China’s annual GDP growth since its 1979 market reforms has averaged 9.5 percent through 2017, a pace described by the World Bank as “the fastest sustained expansion by a major economy in history,” according to the U.S. Congressional Research Service.
But the way China collects and processes economic information is fundamentally different from that in the Western nations, because it is more a measure of political intention, and not economic activity.
The major Chines differences include: allowing politically motivated local governments to fabricate information; adding both productive and unproductive investments that do not create economic activity to GDP; and never writing down bad debts from massive boondoggles, such as ghost cities.
Wall Street tends to rely on firms such as Enodo Economics to restate the vast amounts of raw data released by the NBS to calculate China’s GDP under Western standards. The NBS delayed releasing that price data, but what it did reveal paints a grim economic picture.
With China’s exports as a percent of GDP peaking in 2006 at 36 percent, then falling to about 19.5 percent in 2018, the Chinese Communist Party (CCP) re-focused on stimulating domestic consumption growth.

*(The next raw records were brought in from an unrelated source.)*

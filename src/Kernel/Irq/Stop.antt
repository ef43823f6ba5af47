-- ===== src/Kernel/Irq/Stop.antt =====
-- The end of the deferred handler's thread: whether kthread_stop in os_release_interrupt returns.
use osal.Base.{ℕ, zero, suc, ◌≡◌, ◌≢◌, refl, ◌⊎◌, inl, inr, true, false, none, some, arith}
use osal.Kernel.Irq.Deferred.{
  Pc, top, staying, prepared, asleep, finished, cleared, stopping, State, turn, kthread_wrapper,
  os_release_interrupt, release_turn, Step, interrupt, thread, releasing, Reach, next,
}
use osal.Kernel.Irq.Deferred.Masked.{Reach-Inv}

-- The thread alone for some steps, or until it cannot go on.
abbrev pub thread_run : ℕ → State → State
thread_run zero s = s
thread_run (suc n) s = elim (kthread_wrapper s) [ none ↦ s | some t ↦ thread_run n t ]

-- The state in which kthread_stop waits for the thread.
abbrev pub stopped : State → State
stopped s = record s { release = stopping; runnable = true }

-- No step is possible any more.
abbrev pub IsStuck : State → Type 0
IsStuck s = (t : State) → ¬ Step s t

-- The thread has tested kthread_should_stop before the stop and has not called prepare_to_wait yet.
abbrev lost : State → State
lost s = record s { release = stopping; runnable = false; pc = asleep }

lost-IsStuck : (s : State) → IsStuck (lost s)
unfolding kthread_wrapper turn os_release_interrupt release_turn
lost-IsStuck s t (interrupt u m) = cc
lost-IsStuck s t (thread h) = cc
lost-IsStuck s t (releasing h) = cc

lost-Reach :
    (s : State)
    → Reach s
    → s.release ≡ cleared
    → s.pending ≡ false
    → s.pc ≡ staying
    → Reach (lost s)
unfolding kthread_wrapper turn os_release_interrupt release_turn
lost-Reach s r c q p =
    let stops : os_release_interrupt s ≡ some (stopped s) = rw c refl in
    let prepares : kthread_wrapper (stopped s)
        ≡ some (record s { pc = prepared; release = stopping; runnable = false }) =
      rw p refl in
    let sleeps : kthread_wrapper (record s { pc = prepared; release = stopping; runnable = false })
        ≡ some (lost s) =
      rw q refl in
    next (next (next r (releasing stops)) (thread prepares)) (thread sleeps)

run-finished :
    (pc : Pc) (s : State)
    → s.pc ≡ pc
    → pc ≢ staying
    → s.pending ≡ false
    → (thread_run 4 (stopped s)).pc ≡ finished
unfolding kthread_wrapper turn
run-finished top s e n q = rw e refl
run-finished staying s e n q = absurd (n refl)
run-finished prepared s e n q = rw (e, q) refl
run-finished _ s e n q = ground arith

-- The test of a pc that the case needs.
staying_or_not : (pc : Pc) → (pc ≡ staying) ⊎ (pc ≢ staying)
staying_or_not staying = inl refl
staying_or_not _ = inr (λ e. cc)

-- When os_release_interrupt comes to kthread_stop, in any reachable state: either the thread is
-- elsewhere than between its test of kthread_should_stop and prepare_to_wait, and four of its steps at
-- the most after the stop end it, or it is there, and then it can fall asleep over the stop, after
-- which no step is possible any more, and kthread_stop never returns.
pub release-ends :
    {s : State}
    → Reach s
    → s.release ≡ cleared
    → ((s.pc ≢ staying) × ((thread_run 4 (stopped s)).pc ≡ finished))
      ⊎ ((s.pc ≡ staying) × (t : State) × Reach t × (t.release ≡ stopping) × IsStuck t)
release-ends {s} r c =
    let q : s.pending ≡ false = ground (arith, Reach-Inv r) in
    elim (staying_or_not s.pc) [
      | inl here ↦ inr (here, lost s, lost-Reach s r c q here, refl, lost-IsStuck s)
      | inr elsewhere ↦ inl (elsewhere, run-finished s.pc s refl elsewhere q)
    ]
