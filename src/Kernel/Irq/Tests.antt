-- ===== src/Kernel/Irq/Tests.antt =====
-- Concrete runs of the registration of handlers and of the handler in a thread.
use osal.Base.{
  ◌⊎◌, ◌≢◌, ℕ, ◌+◌, ◌-◌, ◌*◌, ◌≤◌, ◌≡◌, refl, true, false, none, some, [], ◌∷◌, arith, ltb,
  if◌then◌else◌, to_nat, is_some,
}
use osal.Kernel.Irq.{
  OsIrq, KernelApi, os_acquire_interrupt, os_release_interrupt, os_acquire_shared_interrupt,
  os_release_shared_interrupt,
}
use osal.Kernel.Irq.Release.{Counts, acquire_release-held}
use osal.Kernel.Irq.Stop.{thread_run, stopped, IsStuck, release-ends}
use osal.Kernel.Irq.Deferred.{
  releasing, finished, os_release_interrupt as deferred_release, State, interrupt, thread, Reach,
  here, next, linux_interrupt_handler, kthread_wrapper, asleep, unreleased, staying, cleared,
  stopping,
}
use osal.Kernel.Irq.Deferred.Masked.{owed, Reach-count, Reach-blocked, is_in_use}

abbrev garbage : OsIrq
garbage = record { irqnum = 9; irq_handler = 9; interrupt_handler = 9; data_ptr = 9; init = true }

-- A kernel that keeps the number of blocks in use, and where only interrupts below 16 have a line.
abbrev kernel : KernelApi ℕ
kernel = record {
  kmalloc_irq = λ w. (some garbage, w + 1);
  kmalloc_int = λ w. (true, w + 1);
  kfree = λ w. w - 1;
  request_irq = λ i w. (if ltb i.irqnum 16 then 0 else 22, w);
  request_threaded_irq = λ i w. (if ltb i.irqnum 16 then 0 else 22, w);
  free_irq = λ i w. w;
  kthread_run = λ name w. (true, w);
  kthread_stop = λ w. w;
}

kernel-Counts : Counts kernel 1 0 0 (λ w. w)
kernel-Counts = record {
  kmalloc_irq = λ w. refl;
  kmalloc_int = λ w. refl;
  kfree = λ w. refl;
  request_irq = λ i w. omega arith;
  request_threaded_irq = λ i w. omega arith;
  free_irq = λ i w. omega arith;
  kthread_run = λ name w. omega arith;
  kthread_stop = λ w. omega arith;
}

-- An interrupt that has no line: the block that is allocated for it is freed again.
acquire_release-held_example :
    let own = os_acquire_interrupt kernel 100 200 40 7 (some (b'e' ∷ [])) 300 8 3 in
    let shared = os_acquire_shared_interrupt kernel 40 400 (some (b'e' ∷ [])) 300 8 3 in
    (own.1 ≡ 3 + (1 + 1 + 0 + 0) * to_nat (is_some own.0))
    × (shared.1 ≡ 3 + (1 + 0) * to_nat (is_some shared.0))
    × (os_release_interrupt kernel own.0 own.1 ≡ 3)
    × (os_release_shared_interrupt kernel shared.0 shared.1 ≡ 3)
acquire_release-held_example =
    acquire_release-held kernel 1 0 0 (λ w. w) kernel-Counts 100 200 40 7 (some (b'e' ∷ [])) 300 400
      8 3

-- The thread falls asleep, an interrupt is handled, and the thread sleeps again.
abbrev served : State
served = record {
  pc = asleep;
  release = unreleased;
  pending = false;
  masked = false;
  runnable = false;
  fired = 1;
  calls = 1;
}

served-Reach : Reach served
unfolding kthread_wrapper linux_interrupt_handler
served-Reach =
    let waits = next (next here (thread refl)) (thread refl) in
    let sleeps = next waits (thread refl) in
    let woken = next (next sleeps (interrupt refl refl)) (thread refl) in
    let calls = next (next woken (thread refl)) (thread refl) in
    let done = next (next calls (thread refl)) (thread refl) in
    next (next (next done (thread refl)) (thread refl)) (thread refl)

Reach-count_example :
    ((served.fired ≡ served.calls + owed served.pc served.pending)
      ⊎ (is_in_use served.release ≡ false))
    × (served.calls ≤ served.fired)
    × (served.fired ≤ served.calls + 1)
Reach-count_example = Reach-count served-Reach

served-blocked : kthread_wrapper served ≡ none
unfolding kthread_wrapper
served-blocked = refl

Reach-blocked_example :
    (served.pending ≡ false) × (served.fired ≡ served.calls) × (served.masked ≡ false)
Reach-blocked_example = Reach-blocked served-Reach served-blocked refl

-- The release comes while the thread sleeps.
abbrev resting : State
resting = record served { release = cleared }

resting-Reach : Reach resting
unfolding deferred_release
resting-Reach = next (next served-Reach (releasing refl)) (releasing refl)

release-ends_example :
    ((resting.pc ≢ staying) × ((thread_run 4 (stopped resting)).pc ≡ finished))
    ⊎ ((resting.pc ≡ staying) × (t : State) × Reach t × (t.release ≡ stopping) × IsStuck t)
release-ends_example = release-ends resting-Reach refl
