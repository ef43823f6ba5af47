-- ===== src/Kernel/Irq/Unnamed.antt =====
-- os_acquire_interrupt of linux_kernel/src/osal_irq.c without a driver name.
use osal.Base.{ℕ, ◌≡◌, refl, Bool, true, false, none}
use osal.Kernel.Irq.{
  KernelApi, os_register_top_half, int_registered, int_started, int_allocated, os_acquire_interrupt,
  kthread_name, new_int,
}

module _ {W : Type 0} (k : KernelApi W) (self deferred irqnum key handler data_ptr : ℕ) where
  started_unnamed :
      (p : Bool × W)
      → (int_started k self deferred (new_int irqnum key handler data_ptr) none p).0 ≡ none
  unfolding int_started os_register_top_half int_registered
  started_unnamed (false, w) = refl
  started_unnamed (true, w) = refl

  allocated_unnamed :
      (p : Bool × W) → (int_allocated k self deferred irqnum key none handler data_ptr p).0 ≡ none
  unfolding int_allocated
  allocated_unnamed (false, w) = refl
  allocated_unnamed (true, w) = started_unnamed (k.kthread_run (kthread_name none irqnum) w)

  -- Without a driver name os_acquire_interrupt never returns a handle, although it makes up a name
  -- for its thread in that case: the registration of the handler asks for a name.
  pub acquire_unnamed :
      (w : W) → (os_acquire_interrupt k self deferred irqnum key none handler data_ptr w).0 ≡ none
  unfolding os_acquire_interrupt
  acquire_unnamed w = allocated_unnamed (k.kmalloc_int w)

From 2017 to 2019, China’s inflation adjusted urban consumption expenditure growth per capita averaged 7.8 percent. But that effort collapsed in the first quarter of 2020 with urban per capita consumption plunging by 48 percent. Per capita consumption in China’s much poorer rural sector fell also by 29.5 percent, according to Enodo Economics.

The NBS reported that China’s urban unemployment rate in February jumped to an all-time high of 6.2 percent, from 5.2 percent in December. This would mean that 27.4 million people are out of work, according to calculations by South China Morning Post. But the NBS calculations do not include the 290 million migrant workers who provide the cheap labor that has driven China’s export sector. If migrant workers were included, Upright Asset estimates that China’s unemployment rate would spike to 205 million.
Enodo Economics highlights that urban employment in China is dominated by millions of consumer-oriented small and medium enterprises (SMEs) that use their own or family cash to fund operations. A February survey of 995 SMEs conducted by Peking and Tsinghua universities found that 85 percent had insufficient cash to survive for three months.

With most SMEs unable to pay their rent, suppliers, and utilities, millions of Chinese businesses cannot re-open and employment will not recover. Enodo Economics states that as a result of this cash-crunch, the Chinese “consumer is down and out.”

Enodo Economics believes that the CCP will do “whatever it takes to preserve the veneer of stability,” including propping up stock markets and the value of the yuan. But China now faces the highest risk of political and geopolitical instability since opening-up the economy four decades ago.